O aluno de Beethoven, Carl Czerny, ensinou Franz Liszt e também Theodor Leschetizky, o professor de piano mais prolífico do final do século 19 e início do século 20. Leschetizky por sua vez ensinou Mieczyslaw Horszowski, que acompanhou Pablo Casals quando ele tocou na Casa Branca de Kennedy. Horszowski - que ouvi em concerto quando ele tinha quase 100 anos - ensinou o pianista italiano Carlo Levi Minzi, que me ensinou. O principal professor de Levi Minzi foi o pianista suíço Paul Baumgartner, aluno de Walter Braunfels, mais um aluno de Leschetizky. Também estudei com Niels Ostbye, aluno de Edwin Fischer, por sua vez aluno do aluno de Liszt, Martin Krause. 

Não que eu seja digno de meus professores ou de meus yichus, mas com eles aprendi algo de Beethoven: podemos julgar o que é simplesmente belo, mas a arte sublime julga-nos, ou melhor, desafia-nos a julgar-nos a nós mesmos.

O envolvimento com a música sublime tem algo em comum com a oração judaica. Como o falecido Rabino Joseph Hertz escreveu na introdução de sua edição do siddur: "Se em grego a raiz do significado do verbo 'orar' significa 'desejar', e se em alemão significa 'implorar, 'em hebraico, a palavra principal para oração vem da raiz,' julgar ', e a forma reflexiva usual (hithpallel) significa literalmente' julgar-se a si mesmo '. A palavra tefillah,' oração ', foi, portanto, entendida como' auto-exame '- se somos dignos de nos dirigir ao Santo, que exige justiça e santidade de vida de Seus adoradores ”.

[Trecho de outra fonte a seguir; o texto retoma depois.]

-- ===== src/Streamsort/Kept.antt =====
-- The induction over calls: what the steps of the methods keep, every sequence of calls keeps.
use mathlib.Core.Bool.{true≢false}
use state_actor.Prelude.{
  ℕ, ◌+◌, ◌-◌, ◌≡◌, refl, sym, ◌∙◌, Bool, true, false, Option, none, some, List, [], ◌∷◌, leb,
  if◌then◌else◌,
}
use state_actor.Streamsort.{
  Pebble, Store, StoreError, Answer, fail, put, flush_full, finalize_store, auto_finalize,
  open_reader, unless_err, get_value, read_key, iterate, read_entries, get_after_close,
  iterate_after_close, new_cursor_after_close, new_getter_after_close, batch_flush_bytes,
  add_reader,
}
use state_actor.Streamsort.Pull.{new_cursor, cursor_on, new_getter, getter_on, Cursor, Getter}
use state_actor.Streamsort.Calls.{
  Use, put_entry, finalize_now, get_key, walk, open_cursor, open_getter, done_use, use_store,
  use_all,
}

-- What holds of both branches holds of the conditional.
pub either :
    {A : Type 0} (P : A → Type 0) {x y : A} (b : Bool)
    → (b ≡ true → P x)
    → (b ≡ false → P y)
    → P (if b then x else y)
either P true h k = h refl
either P false h k = k refl

pub if_true : {A : Type 0} {b : Bool} {x : A} (y : A) → b ≡ true → (if b then x else y) ≡ x
if_true y h = rw h refl

pub if_false : {A : Type 0} {b : Bool} (x : A) {y : A} → b ≡ false → (if b then x else y) ≡ y
if_false x h = rw h refl

pub clash : {A : Type 0} {b : Bool} → b ≡ true → b ≡ false → A
clash h k = absurd (true≢false (sym h ∙ k))

either_err :
    {A : Type 0} (P : A → Type 0) (failed : StoreError → A) {next : A} (e : Option StoreError)
    → ((x : StoreError) → P (failed x))
    → P next
    → P (unless_err failed next e)
either_err P failed none h k = k
either_err P failed (some x) h k = h x

module _ {B D I : Type 0} (pebble : Pebble B D I) where
  -- A property of the store that the steps of the methods keep: a batch and a database that change
  -- before `finalized` is set, reader references, and `Finalize`.
  pub record IsKept (P : Store B D → Type 0) : Type 0 where
    pub writes :
        (s : Store B D) (b : B) (d : D)
        → s.closed ≡ false
        → s.finalized ≡ false
        → P s
        → P (record s { batch = b; db = d })
    pub counts : (s : Store B D) (n : ℕ) → P s → P (record s { readers = n })
    pub finalizes : (s : Store B D) → P s → P (finalize_store pebble s).1

  module _ (P : Store B D → Type 0) (kept : IsKept P) where
    open kept use {writes, counts, finalizes}

    put-keeps : (s : Store B D) (k v : List ℕ) → P s → P (put pebble s k v).1
    unfolding put flush_full
    put-keeps s k v h =
        let Q : Answer (Unit {0}) × Store B D → Type 0 = λ r. P r.1 in
        let (set, b) = pebble.batch_set s.batch k v in
        let (done, b', d) = pebble.batch_commit b s.db in
        either Q s.closed (λ c. h)
          (λ c.
            either Q s.finalized (λ f. h)
              (λ f.
                either Q set
                  (λ e.
                    either Q (leb batch_flush_bytes (pebble.batch_len b))
                      (λ l.
                        either Q done (λ q. writes s (pebble.batch_reset b') d c f h)
                          (λ q. writes s b' d c f h))
                      (λ l. writes s b s.db c f h))
                  (λ e. writes s b s.db c f h)))

    auto_finalize-keeps : (s : Store B D) → P s → P (auto_finalize pebble s).1
    unfolding auto_finalize
    auto_finalize-keeps s h =
        either (λ (r : Option StoreError × Store B D). P r.1) s.finalized (λ f. h)
          (λ f. finalizes s h)

    open_reader-keeps :
        {R : Type 0} (failed : StoreError → R) (refused : StoreError)
        (read : Store B D → R × Store B D) (s : Store B D)
        → ((t : Store B D) → P t → P (read t).1)
        → P s
        → P (open_reader pebble failed refused read s).1
    unfolding open_reader
    open_reader-keeps {R} failed refused read s reads h =
        let Q : R × Store B D → Type 0 = λ r. P r.1 in
        let s' = (auto_finalize pebble s).1 in
        either Q s.closed (λ c. h)
          (λ c.
            either_err Q (λ x. (failed x, s')) (auto_finalize pebble s).0
              (λ x. auto_finalize-keeps s h) (reads s' (auto_finalize-keeps s h)))

    cursor_on-keeps : (s : Store B D) (o : Option I) → P s → P (cursor_on pebble s o).1
    cursor_on-keeps s none h = counts s (s.readers - 1) h
    cursor_on-keeps s (some it) h = h

    getter_on-keeps : (s : Store B D) (o : Option I) → P s → P (getter_on pebble s o).1
    getter_on-keeps s none h = counts s (s.readers - 1) h
    getter_on-keeps s (some it) h = h

    pub use_store-keeps : (s : Store B D) (u : Use) → P s → P (use_store pebble s u).1
    unfolding use_store get_value iterate read_key read_entries new_cursor new_getter
    use_store-keeps s (put_entry k v) h = put-keeps s k v h
    use_store-keeps s finalize_now h = finalizes s h
    use_store-keeps s (get_key k) h =
        open_reader-keeps fail get_after_close (read_key pebble k) s
          (λ t p. counts t (t.readers + 1 - 1) p) h
    use_store-keeps s (walk yield fuel) h =
        open_reader-keeps (λ e. some (fail e, [])) iterate_after_close
          (read_entries pebble yield fuel []) s (λ t p. counts t (t.readers + 1 - 1) p) h
    use_store-keeps s open_cursor h =
        open_reader-keeps {R = Answer (Cursor I)} fail new_cursor_after_close
          (λ t. cursor_on pebble (add_reader pebble t) (pebble.db_new_iter t.db)) s
          (λ t p.
            cursor_on-keeps (add_reader pebble t) (pebble.db_new_iter t.db)
              (counts t (t.readers + 1) p))
          h
    use_store-keeps s open_getter h =
        open_reader-keeps {R = Answer (Getter I)} fail new_getter_after_close
          (λ t. getter_on pebble (add_reader pebble t) (pebble.db_new_iter t.db)) s
          (λ t p.
            getter_on-keeps (add_reader pebble t) (pebble.db_new_iter t.db)
              (counts t (t.readers + 1) p))
          h
    use_store-keeps s done_use h = counts s (s.readers - 1) h

    pub use_all-keeps : (s : Store B D) (us : List Use) → P s → P (use_all pebble s us)
    unfolding use_all
    use_all-keeps s [] h = h
    use_all-keeps s (u ∷ us) h = use_all-keeps (use_store pebble s u).1 us (use_store-keeps s u h)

A beleza pode estar nos olhos de quem vê, mas o Sublime exige uma resposta altamente específica do público. 
Em 1790, Beethoven era um virtuoso de 20 anos da província alemã da Renânia, recém-chegado a Viena, a capital musical da Europa, quando o filósofo Immanuel Kant publicou a sua Crítica da Faculdade de Julgar. O termo “Belo” aplica-se a objetos finitos que cabem dentro do nosso entendimento: uma flor, uma árvore, uma melodia. Mas existem fenómenos naturais que nos confrontam com o infinito, que os nossos sentidos não podem captar e a nossa compreensão não pode apreender. 

O Sublime "expande a alma" e é "direcionado a dar supremacia sobre a sensibilidade ao lado intelectual da nossa natureza e às ideias da razão". 
(...)
Os grandes compositores criam um sentimento de infinito dentro da finitude da forma clássica, manipulando o tempo musical. Tanto a música tradicional como a popular funcionam dentro dos limites do tempo regular e da métrica fixa. O próprio tempo torna-se maleável na música clássica ocidental. 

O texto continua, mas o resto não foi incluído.